Business Development Company
A Business Development Company (BDC) is a publicly registered closed-end investment company that provides debt and equity financing to small and mid-sized US businesses, offering retail investors access to private credit and private equity-style returns through a publicly listed or non-traded vehicle.
Business Development Companies were created by Congress in the Small Business Investment Incentive Act of 1980 as a vehicle to channel capital from public markets into US small and medium-sized businesses that lack access to traditional bank lending or public capital markets. They operate under the Investment Company Act of 1940 but benefit from a special regulatory regime that allows them to leverage at up to a 2:1 debt-to-equity ratio (raised from 1:1 by the Small Business Credit Availability Act of 2018) and to avoid entity-level taxation provided they distribute at least 90% of investment income to shareholders.
BDCs primarily make senior secured loans to middle-market companies — businesses with EBITDA typically ranging from $10 million to $150 million that are too small to access syndicated loan markets efficiently but too large for small business loans. This segment of the credit market offers higher yields than investment-grade bonds because the borrowers carry higher credit risk and the loans are less liquid. Floating-rate loan structures (tied to SOFR or similar benchmarks) also make BDC portfolios sensitive to rising interest rates in a beneficial way — higher rates increase interest income on the portfolio.
Publicly traded BDCs are listed on major exchanges (NYSE, Nasdaq) and include well-known names like Ares Capital (ARCC), FS KKR Capital, and Blue Owl Capital Corporation. Like closed-end funds, they can trade at premiums or discounts to NAV. Non-traded BDCs, available through broker-dealers and registered investment advisers, offer the same underlying exposure but with periodic rather than daily liquidity, sometimes providing greater portfolio stability by avoiding secondary market pricing volatility.

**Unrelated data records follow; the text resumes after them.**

-- ===== src/Workload/Detector.antt =====
-- src/workload_detector.cpp: which AI workload a process belongs to, by its name and command line.
use mtop.Base.{
  ℕ, Bool, not, ◌&&◌, ◌||◌, ◌==◌, if◌then◌else◌, List, [], ◌∷◌, ◌++◌, Option, none, some, is_nil,
  any, Bytes, str, beq, contains, lowercase, is_space,
}
use mtop.Snapshot.{ProcessSnapshot}
use mtop.Workload.{
  WorkloadKind, WorkloadRole, WorkloadDetection, ollama, llama_cpp, mlx, python_inference,
  lm_studio, comfy_ui, generic_model, manager, server, runner, worker,
}

-- the word that follows the first occurrence of the flag, if one does
unfoldable pub value_after_flag : List Bytes → Bytes → Option Bytes
value_after_flag [] flag = none
value_after_flag (token ∷ []) flag = none
value_after_flag (token ∷ next ∷ tokens) flag =
    let rest = value_after_flag (next ∷ tokens) flag in if beq token flag then some next else rest

-- `words.push_back(current)` if there is a current word
abbrev pub flush : Bytes → List Bytes → List Bytes
flush current words = if is_nil current then words else words ++ (current ∷ [])

-- the loop over the characters, with the words so far and the current one
unfoldable pub split_words_from : List Bytes → Bytes → Bytes → List Bytes
split_words_from words current [] = flush current words
split_words_from words current (ch ∷ text) =
    split_words_from (if is_space ch then flush current words else words)
      (if is_space ch then [] else current ++ (ch ∷ [])) text

unfoldable pub split_words : Bytes → List Bytes
unfolding split_words_from
split_words = split_words_from [] []

abbrev pub is_slash : ℕ → Bool
is_slash c = c == b'/' || c == b'\\'

-- what stands behind the last slash, or all of it
unfoldable pub basename_like : Bytes → Bytes
basename_like [] = []
basename_like (c ∷ path) =
    if any is_slash (c ∷ path)
    then if any is_slash path then basename_like path else path
    else c ∷ path

abbrev extensions : List Bytes
extensions = str ".gguf" ∷ str ".safetensors" ∷ str ".onnx" ∷ str ".mlmodelc" ∷ []

unfoldable pub has_extension : Bytes → Bool
has_extension word = any (λ e. contains (lowercase word) e) extensions

-- the loop over the words
unfoldable pub first_model_file : List Bytes → Bytes
first_model_file [] = []
first_model_file (word ∷ words) =
    if has_extension word then basename_like word else first_model_file words

unfoldable pub generic_model_hint : Bytes → Bytes
generic_model_hint command = first_model_file (split_words command)

unfoldable pub model_flag_hint : Bytes → Bytes
model_flag_hint command =
    let words = split_words command in
    elim (value_after_flag words (str "--model")) [
      | some value ↦ basename_like value
      | none ↦ elim (value_after_flag words (str "-m")) [
        | some value ↦ basename_like value
        | none ↦ generic_model_hint command
      ]
    ]

-- The confidence in hundredths.
abbrev pub make_detection :
    WorkloadKind → WorkloadRole → Bytes → Bytes → Bytes → ℕ → WorkloadDetection
make_detection kind role label model_hint reason confidence = record {
  kind = kind;
  role = role;
  label = label;
  model_hint = model_hint;
  reason = reason;
  confidence = confidence;
}

-- `process.name.empty() ? fallback : process.name`
abbrev pub name_or : Bytes → Bytes → Bytes
name_or name fallback = if is_nil name then fallback else name

-- The rules, in the order of the code. `name` and `command` are in lower case, `raw` and `line` are
-- the process's own name and command.
unfoldable pub detect_generic : Bytes → Bytes → WorkloadDetection
detect_generic raw line =
    if not (is_nil (generic_model_hint line))
    then make_detection generic_model WorkloadRole.unknown (name_or raw (str "model process"))
        (generic_model_hint line) (str "model file extension") 62
    else make_detection WorkloadKind.unknown WorkloadRole.unknown [] []
        (str "no AI workload signal") 0

unfoldable pub detect_python : Bytes → Bytes → Bytes → Bytes → WorkloadDetection
detect_python name command raw line =
    if contains name (str "uvicorn")
      || contains command (str "uvicorn")
      || contains command (str "fastapi")
      || contains command (str "gradio")
      || contains command (str "vllm")
      || contains command (str "torchserve")
    then make_detection python_inference server (name_or raw (str "python server"))
        (model_flag_hint line) (str "Python inference server") 84
    else if contains command (str "transformers")
        || contains command (str "diffusers")
        || contains command (str "sentence_transformers")
    then make_detection python_inference worker (name_or raw (str "python inference"))
        (model_flag_hint line) (str "Python model library hint") 66
    else detect_generic raw line

unfoldable pub detect_apps : Bytes → Bytes → Bytes → Bytes → Bytes → WorkloadDetection
detect_apps name command text raw line =
    if contains command (str "lm studio.app")
      || contains command (str "lmstudio")
      || contains name (str "lm studio")
    then make_detection lm_studio server (str "LM Studio") (model_flag_hint line)
        (str "LM Studio app or server path") 92
    else if contains text (str "comfyui") || contains command (str "custom_nodes")
    then make_detection comfy_ui server (str "ComfyUI") (generic_model_hint line)
        (str "ComfyUI path or custom nodes") 92
    else if contains command (str "safetensors")
        && (contains command (str "diffusion") || contains command (str "main.py"))
    then make_detection comfy_ui worker (str "ComfyUI") (generic_model_hint line)
        (str "diffusion model path") 72
    else detect_python name command raw line

unfoldable pub detect_mlx : Bytes → Bytes → Bytes → Bytes → Bytes → WorkloadDetection
detect_mlx name command text raw line =
    if contains name (str "mlx-lm")
      || contains name (str "mlx_lm")
      || contains command (str "python -m mlx_lm")
      || contains command (str "mlx_lm.server")
    then make_detection mlx server (name_or raw (str "mlx")) (model_flag_hint line)
        (str "MLX LM process") 93
    else if contains text (str "mlx-vlm")
        || contains text (str "mlx_lm")
        || contains text (str " mlx ")
    then make_detection mlx worker (name_or raw (str "mlx")) (model_flag_hint line)
        (str "MLX command hint") 68
    else detect_apps name command text raw line

unfoldable pub detect_llama : Bytes → Bytes → Bytes → Bytes → Bytes → WorkloadDetection
detect_llama name command text raw line =
    if beq name (str "llama-server") || beq name (str "llama-cli") || beq name (str "llama-bench")
    then make_detection llama_cpp server raw (model_flag_hint line)
        (str "llama.cpp executable name") 94
    else if contains command (str ".gguf")
        || contains command (str "ggml")
        || (contains command (str "--model") && contains text (str "llama"))
    then make_detection llama_cpp runner (name_or raw (str "llama.cpp")) (model_flag_hint line)
        (str "model path or llama.cpp flag") 70
    else detect_mlx name command text raw line

unfoldable pub detect_ollama : Bytes → Bytes → Bytes → Bytes → Bytes → WorkloadDetection
detect_ollama name command text raw line =
    if beq name (str "ollama") || contains command (str "ollama serve")
    then make_detection ollama manager (str "ollama") [] (str "ollama manager process") 96
    else if contains name (str "ollama") && contains command (str "runner")
    then make_detection ollama runner (str "ollama runner") (model_flag_hint line)
        (str "ollama runner process") 95
    else if contains command (str ".ollama") || contains command (str "ollama run")
    then make_detection ollama runner (str "ollama") (model_flag_hint line)
        (str "ollama command or model path") 72
    else detect_llama name command text raw line

unfoldable pub detect_workload_process : {F : Type 0} → ProcessSnapshot F → WorkloadDetection
detect_workload_process process =
    let name = lowercase process.name in
    let command = lowercase process.command in
    detect_ollama name command (name ++ (str " " ++ command)) process.name process.command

BDC credit quality is a critical analytical concern. Middle-market loans are senior secured but subject to default risk, and economic downturns can pressure borrower coverage ratios. The COVID-19 period (2020) tested BDC portfolios, with some experiencing meaningful non-accrual rates and NAV declines, while others — particularly those with large, diversified portfolios of senior secured loans — proved relatively resilient.
Distributions from BDCs are taxed as ordinary income for most investors (unlike qualified dividends), which reduces their after-tax yield for investors in higher tax brackets. Holding BDCs in tax-advantaged retirement accounts is a common approach to improving after-tax returns.